Start of Input data
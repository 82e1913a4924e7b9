-- ===== src/Filter/Examples.antt =====
-- Filters over numbers for tokens: field 0 has the value 7, field 1 the values 1 and 9.
use milli.Base.{ℕ, zero, suc, ◌≡◌, refl, List, [], ◌∷◌, Option, none, some, ltb}
use milli.Base.Results.{Result, ok, err}
use milli.Filter.{
  greater_than, between, FilterCondition, condition, or, and, geo_lower_than, token_at_depth,
}
use milli.Filter.Meaning.{View}
use milli.Filter.Request.{
  Entry, left, right, from_array, and_entries, entry_filter, or_rules, from_str, check_depth,
  join_or, join_and,
}
use milli.Filter.Request.Combined.{says, all_say, from_array-says}

abbrev stored : ℕ → List ℕ
stored zero = 7 ∷ []
stored (suc zero) = 1 ∷ 9 ∷ []
stored (suc (suc n)) = []

abbrev numbers : View ℕ
numbers = record {
  Value = ℕ;
  value = λ t. t;
  less = ltb;
  values = stored;
  near = λ lat lng radius. ltb (lat) radius;
}

abbrev in_range : FilterCondition ℕ
in_range = and (condition 0 (between 5 8)) (geo_lower_than 1 2 3)

-- A parser on rules that are numbers: 0 is blank, 1 fails, other rules compare a field.
abbrev parse : ℕ → Result ℕ (Option (FilterCondition ℕ))
parse zero = ok none
parse (suc zero) = err 0
parse (suc (suc n)) = ok (some (condition 0 (greater_than n)))

abbrev rules : List (Entry ℕ)
rules = left (2 ∷ 0 ∷ 12 ∷ []) ∷ right 3 ∷ left (0 ∷ []) ∷ []

abbrev joined : FilterCondition ℕ
joined =
    and (or (condition 0 (greater_than 0)) (condition 0 (greater_than 10)))
      (condition 0 (greater_than 1))

from_array-rules : from_array parse rules ≡ ok (some joined)
unfolding from_array and_entries entry_filter or_rules from_str check_depth join_or join_and
    token_at_depth
from_array-rules = refl

from_array-says_example : says parse numbers (some joined) ≡ all_say parse numbers rules
from_array-says_example = from_array-says parse numbers rules (some joined) from_array-rules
End of Input data
_Exercise goal_
Every record above should be written out exactly.

_Your solution_
repository 82e1913a4924e7b9
-- ===== src/Filter/Examples.antt =====
-- Filters over numbers for tokens: field 0 has the value 7, field 1 the values 1 and 9.
use milli.Base.{ℕ, zero, suc, ◌≡◌, refl, List, [], ◌∷◌, Option, none, some, ltb}
use milli.Base.Results.{Result, ok, err}
use milli.Filter.{
  greater_than, between, FilterCondition, condition, or, and, geo_lower_than, token_at_depth,
}
use milli.Filter.Meaning.{View}
use milli.Filter.Request.{
  Entry, left, right, from_array, and_entries, entry_filter, or_rules, from_str, check_depth,
  join_or, join_and,
}
use milli.Filter.Request.Combined.{says, all_say, from_array-says}

abbrev stored : ℕ → List ℕ
stored zero = 7 ∷ []
stored (suc zero) = 1 ∷ 9 ∷ []
stored (suc (suc n)) = []

abbrev numbers : View ℕ
numbers = record {
  Value = ℕ;
  value = λ t. t;
  less = ltb;
  values = stored;
  near = λ lat lng radius. ltb (lat) radius;
}

abbrev in_range : FilterCondition ℕ
in_range = and (condition 0 (between 5 8)) (geo_lower_than 1 2 3)

-- A parser on rules that are numbers: 0 is blank, 1 fails, other rules compare a field.
abbrev parse : ℕ → Result ℕ (Option (FilterCondition ℕ))
parse zero = ok none
parse (suc zero) = err 0
parse (suc (suc n)) = ok (some (condition 0 (greater_than n)))

abbrev rules : List (Entry ℕ)
rules = left (2 ∷ 0 ∷ 12 ∷ []) ∷ right 3 ∷ left (0 ∷ []) ∷ []

abbrev joined : FilterCondition ℕ
joined =
    and (or (condition 0 (greater_than 0)) (condition 0 (greater_than 10)))
      (condition 0 (greater_than 1))

from_array-rules : from_array parse rules ≡ ok (some joined)
unfolding from_array and_entries entry_filter or_rules from_str check_depth join_or join_and
    token_at_depth
from_array-rules = refl

from_array-says_example : says parse numbers (some joined) ≡ all_say parse numbers rules
from_array-says_example = from_array-says parse numbers rules (some joined) from_array-rules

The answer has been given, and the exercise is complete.